The Government energy information administration on Monday put the average price for a gallon of regular gasoline slightly higher at $3.79, up 10.7 cents from last week and nearly a dollar higher than the same period last year.

Even with the higher prices the last width economists said data had still be positive.

Labour market, has for example continues to strengthen, with the economy in March add 216,000 jobs. And a survey of 25 retailers tracked by Thomson Reuters saw an increase of 1.7% in the same month, in contrast to analysts forecasts.

But economists try still, to determine the longer-term consequences.

"As soon as we the $4-cross the threshold, the pain will be more noticeable, and it appears more significantly in reducing the future consumer spending,", said Bernard Baumohl, the Global Chief Economist for the Economic Outlook Group. He predicted that "discretionary expenditure declined will be how to move the price of gasoline is higher."

He also stressed that the Government retail sales figures for March, a broader measure, the other sectors and categories, taking into account be released on Wednesday. He said "I would be surprised not at all, that the not gasoline purchases start to suffer,".

John Gamal, the Director of the petrol research for MasterCard, pointed out that good jobs report last month. "It has been a tug of war," he said higher gas prices between the improved labour market and drag.

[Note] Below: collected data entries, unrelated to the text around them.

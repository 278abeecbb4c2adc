-- ===== src/Aws.antt =====
-- The AWS provider: pkg/providers/cluster/aws.
pub mod Batches
pub mod Cleanup
pub mod StateBucket
pub mod Version
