-- ===== src/Prelude/Tests.antt =====
-- Boolean tests, the conditional, and the splits on computed values.
use Prim.Native.Nat.{ℕ, compare, Ordering}
use Prim.Native.Char.{Char, code}
use mathlib.Core.Path.{◌≡◌, refl}
use mathlib.Core.Logic.{◌⊎◌, ◌↔◌, inl, inr}
use mathlib.Core.Bool.{Bool, true, false}
use mathlib.Core.Option.{Option, none, some}
use native.Mathlib.Omega.{arith}

abbrev pub ltb : ℕ → ℕ → Bool
ltb a b = elim (compare a b) [ Ordering.lt ↦ true | _ ↦ false ]

abbrev pub leb : ℕ → ℕ → Bool
leb a b = elim (compare a b) [ Ordering.gt ↦ false | _ ↦ true ]

abbrev pub nat_eq : ℕ → ℕ → Bool
nat_eq a b = elim (compare a b) [ Ordering.eq ↦ true | _ ↦ false ]

pub nat_eq_iff : (a b : ℕ) → (nat_eq a b ≡ true) ↔ (a ≡ b)
nat_eq_iff a b = ground arith

-- A character against a byte literal.
abbrev pub is_char : ℕ → Char → Bool
is_char n c = nat_eq (code c) n

infix 1 if◌then◌else◌
abbrev pub if◌then◌else◌ {ℓ} : {A : Type ℓ} → Bool → A → A → A
if true then x else y = x
if false then x else y = y

abbrev pub is_some {ℓ} : {A : Type ℓ} → Option A → Bool
is_some none = false
is_some (some a) = true

pub Bool-cases : (b : Bool) → (b ≡ true) ⊎ (b ≡ false)
Bool-cases true = inl refl
Bool-cases false = inr refl

pub Option-cases {ℓ} : {A : Type ℓ} (o : Option A) → (o ≡ none) ⊎ ((a : A) × (o ≡ some a))
Option-cases none = inl refl
Option-cases (some a) = inr (a, refl)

He said that a MasterCard Advisors SpendingPulse report showed that gasoline consumption 3.6 percent in the week to 1 April, year after year, which was fifth consecutive decline.

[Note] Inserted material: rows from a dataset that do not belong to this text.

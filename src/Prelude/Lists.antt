-- ===== src/Prelude/Lists.antt =====
-- Lists measured by native numbers, and predicates and tests over lists.
use Prim.Native.Nat.{ℕ, zero, suc, ◌+◌}
use Prim.Native.String.{String}
use mathlib.Core.Path.{◌≡◌}
use mathlib.Core.Bool.{Bool, true, false, ◌&&◌, ◌||◌}
use mathlib.Core.List.{List, [], ◌∷◌, ◌++◌, reverse, reverse-cons}
use native.Mathlib.Omega.{arith}
use nebari_infrastructure_co.Prelude.Tests.{if◌then◌else◌}
use text.Mathlib.Text.{◌==◌}

module _ {ℓ} {A : Type ℓ} where
  abbrev pub length : List A → ℕ
  length [] = 0
  length (x ∷ xs) = suc (length xs)

  pub length-append : (xs ys : List A) → length (xs ++ ys) ≡ length xs + length ys
  length-append [] ys = omega arith
  length-append (x ∷ xs) ys = omega (arith, length-append xs ys)

  abbrev pub take : ℕ → List A → List A
  take zero xs = []
  take (suc n) [] = []
  take (suc n) (x ∷ xs) = x ∷ take n xs

  abbrev pub all : (A → Bool) → List A → Bool
  all p [] = true
  all p (x ∷ xs) = p x && all p xs

  -- The elements that pass the test, in their order.
  unfoldable pub select : (A → Bool) → List A → List A
  select p [] = []
  select p (x ∷ xs) = let rest = select p xs in if p x then x ∷ rest else rest

  abbrev pub any : (A → Bool) → List A → Bool
  any p [] = false
  any p (x ∷ xs) = p x || any p xs

-- Go's `slices.Contains` at strings.
abbrev pub contains : List String → String → Bool
contains [] s = false
contains (x ∷ xs) s = x == s || contains xs s

module _ {ℓ κ} {A : Type ℓ} (P : A → Type κ) where
  abbrev pub All : List A → Type κ
  All [] = Unit
  All (x ∷ xs) = P x × All xs

  pub All-append : (xs ys : List A) → All xs → All ys → All (xs ++ ys)
  All-append [] ys _ k = k
  All-append (x ∷ xs) ys (p, h) k = (p, All-append xs ys h k)

  pub All-reverse : (xs : List A) → All xs → All (reverse xs)
  All-reverse [] h = h
  All-reverse (x ∷ xs) (p, h) =
      rw reverse-cons (All-append (reverse xs) (x ∷ []) (All-reverse xs h) (p, tt))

Mr Gamal said "Even better labour market, consumers back on their driving cutting with are,". "This is something we will have to see."

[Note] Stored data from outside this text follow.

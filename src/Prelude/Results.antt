-- ===== src/Prelude/Results.antt =====
-- Go's `(value, error)` results: a value or an error of the model's own error types.
use mathlib.Core.Path.{◌≡◌, refl}
use mathlib.Core.Logic.{◌⊎◌, inl, inr}
use mathlib.Core.Bool.{Bool, true, false}

pub data Result {ℓ κ} (E : Type ℓ) (A : Type κ) : Type (ℓ ⊔ κ) where
  ok : A → Result E A
  err : E → Result E A

infixl 5 ◌>>=◌ ◌>>◌
abbrev pub ◌>>=◌ {ℓ κ ι} :
    {E : Type ℓ} {A : Type κ} {B : Type ι} → Result E A → (A → Result E B) → Result E B
ok a >>= f = f a
err e >>= f = err e

abbrev pub ◌>>◌ {ℓ ι} : {E : Type ℓ} {B : Type ι} → Result E (Unit {0}) → Result E B → Result E B
m >> k = m >>= λ _. k

-- `if test { return error }`
abbrev pub fail_if {ℓ} : {E : Type ℓ} → Bool → E → Result E (Unit {0})
fail_if true e = err e
fail_if false e = ok tt

-- `fmt.Errorf("...: %w", err)`
abbrev pub wrap {ℓ κ ι} : {E : Type ℓ} {F : Type κ} {A : Type ι} → (E → F) → Result E A → Result F A
wrap f (ok a) = ok a
wrap f (err e) = err (f e)

abbrev pub is_ok {ℓ κ} : {E : Type ℓ} {A : Type κ} → Result E A → Bool
is_ok (ok a) = true
is_ok (err e) = false

pub Result-cases {ℓ κ} :
    {E : Type ℓ} {A : Type κ} (r : Result E A) → ((a : A) × (r ≡ ok a)) ⊎ ((e : E) × (r ≡ err e))
Result-cases (ok a) = inl (a, refl)
Result-cases (err e) = inr (e, refl)

-- A sequence of checks passes exactly when each does.
pub >>-eq-ok {ℓ} :
    {E : Type ℓ} (m k : Result E (Unit {0})) → (m >> k) ≡ ok tt → (m ≡ ok tt) × (k ≡ ok tt)
>>-eq-ok (ok tt) k h = (refl, h)
>>-eq-ok (err e) k h = cc

pub >>-ok {ℓ} : {E : Type ℓ} (m k : Result E (Unit {0})) → m ≡ ok tt → k ≡ ok tt → (m >> k) ≡ ok tt
>>-ok (ok tt) k h h' = h'
>>-ok (err e) k h h' = cc

pub fail_if-eq-ok {ℓ} : {E : Type ℓ} (b : Bool) (e : E) → fail_if b e ≡ ok tt → b ≡ false
fail_if-eq-ok true e h = cc
fail_if-eq-ok false e h = refl

pub fail_if-ok {ℓ} : {E : Type ℓ} (b : Bool) (e : E) → b ≡ false → fail_if b e ≡ ok tt
fail_if-ok true e h = cc
fail_if-ok false e h = refl

pub wrap-eq-ok {ℓ κ} :
    {E : Type ℓ} {F : Type κ} (f : E → F) (m : Result E (Unit {0})) → wrap f m ≡ ok tt → m ≡ ok tt
wrap-eq-ok f (ok tt) h = refl
wrap-eq-ok f (err e) h = cc

-- Code that succeeds: its first part has, and then the rest on what that gave.
pub >>=-eq-ok {ℓ κ ι} :
    {E : Type ℓ} {A : Type κ} {B : Type ι} (first : Result E A) (next : A → Result E B) {end : B}
    → (first >>= next) ≡ ok end
    → (value : A) × (first ≡ ok value) × (next value ≡ ok end)
>>=-eq-ok (err problem) next passed = cc
>>=-eq-ok (ok value) next passed = (value, refl, passed)

pub ok-injective {ℓ κ} :
    {E : Type ℓ} {A : Type κ} {a b : A} → ◌≡◌ {A = Result E A} (ok a) (ok b) → a ≡ b
ok-injective h = cc

pub wrap-eq-ok_value {ℓ κ ι} :
    {E : Type ℓ} {F : Type κ} {A : Type ι} (f : E → F) (m : Result E A) {a : A}
    → wrap f m ≡ ok a
    → m ≡ ok a
wrap-eq-ok_value f (ok a) h = cc
wrap-eq-ok_value f (err e) h = cc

Also, the decline may be caused by cars-saving Americans switch to more fuel since 2008.

"How it is so bad, $4 pump prices, find you under" James W. Paulsen, the chief investment strategist for Wells Capital Management said the economy in better shape now than it was three years ago.

He wrote "The recent rise in energy prices well slow the pace of economic recovery can in the next few quarters," in a research note Monday.?"However, the other position and term of Office of the U.S. job market the reason could why the contemporary energy crisis may be more consumers at the pump as the end of a cycle recession risk irritating."

Economists also say that industries that depend on, as recovery and hotels, was able to travel feel the pinch of the Memorial Day weekend and during the summer revenue.

The increase of which began gas prices rose to steam after political unrest in the Middle East in February. Commodity prices rose amid increased concerns about supply disruptions, especially from Libya, although other manufacturers offered balance deficit. Crude oil prices climbed to their highest level for more than two years last Thursday, more than $110 close.

"Money all were at an incredible speed for the last four months, pouring in was has", Tom Kloza said chief oil analyst at the oil price information service.

"I think we have reached the turning point," he said the gasoline prices. "The sweet spot was in this year of economic growth without damaging demand probably $3.25 to $3.75"

The rise which has raw material prices been so pronounced, that the Federal Reserve expressed officials on gasoline prices. On Monday, in fact, Janet L. Yellen, the Deputy Chairman of the Board of Governors of the fed, said that rising food prices created for energy and "significant difficulties" for many people and that the fed the effect on inflation was observed.

Economists said they expected that Americans not needed less travel by car, especially on Memorial Day would make for summer vacation, or would consolidate more travels for work with errands.

"People just the elasticity in their budgets do not have," said Robert Sinclair Jr., a spokesman for AAA New York.

However, many Americans are as Jon Wood, 49-year-old mechanic, reluctantly bought that, after the run-up of in gas prices in 2008, a Nissan Skyline for its 80-mile, and return to his job in Greenwich, Connecticut commute

Now, with the price for a gallon of gas at $4.19 on the station, where he works, he is glad that he did.

"I drive something very economical," said Mr wood of his car, a 1993 model, which gives him 30 miles per gallon on the highway. "Normally, it would not be my first choice."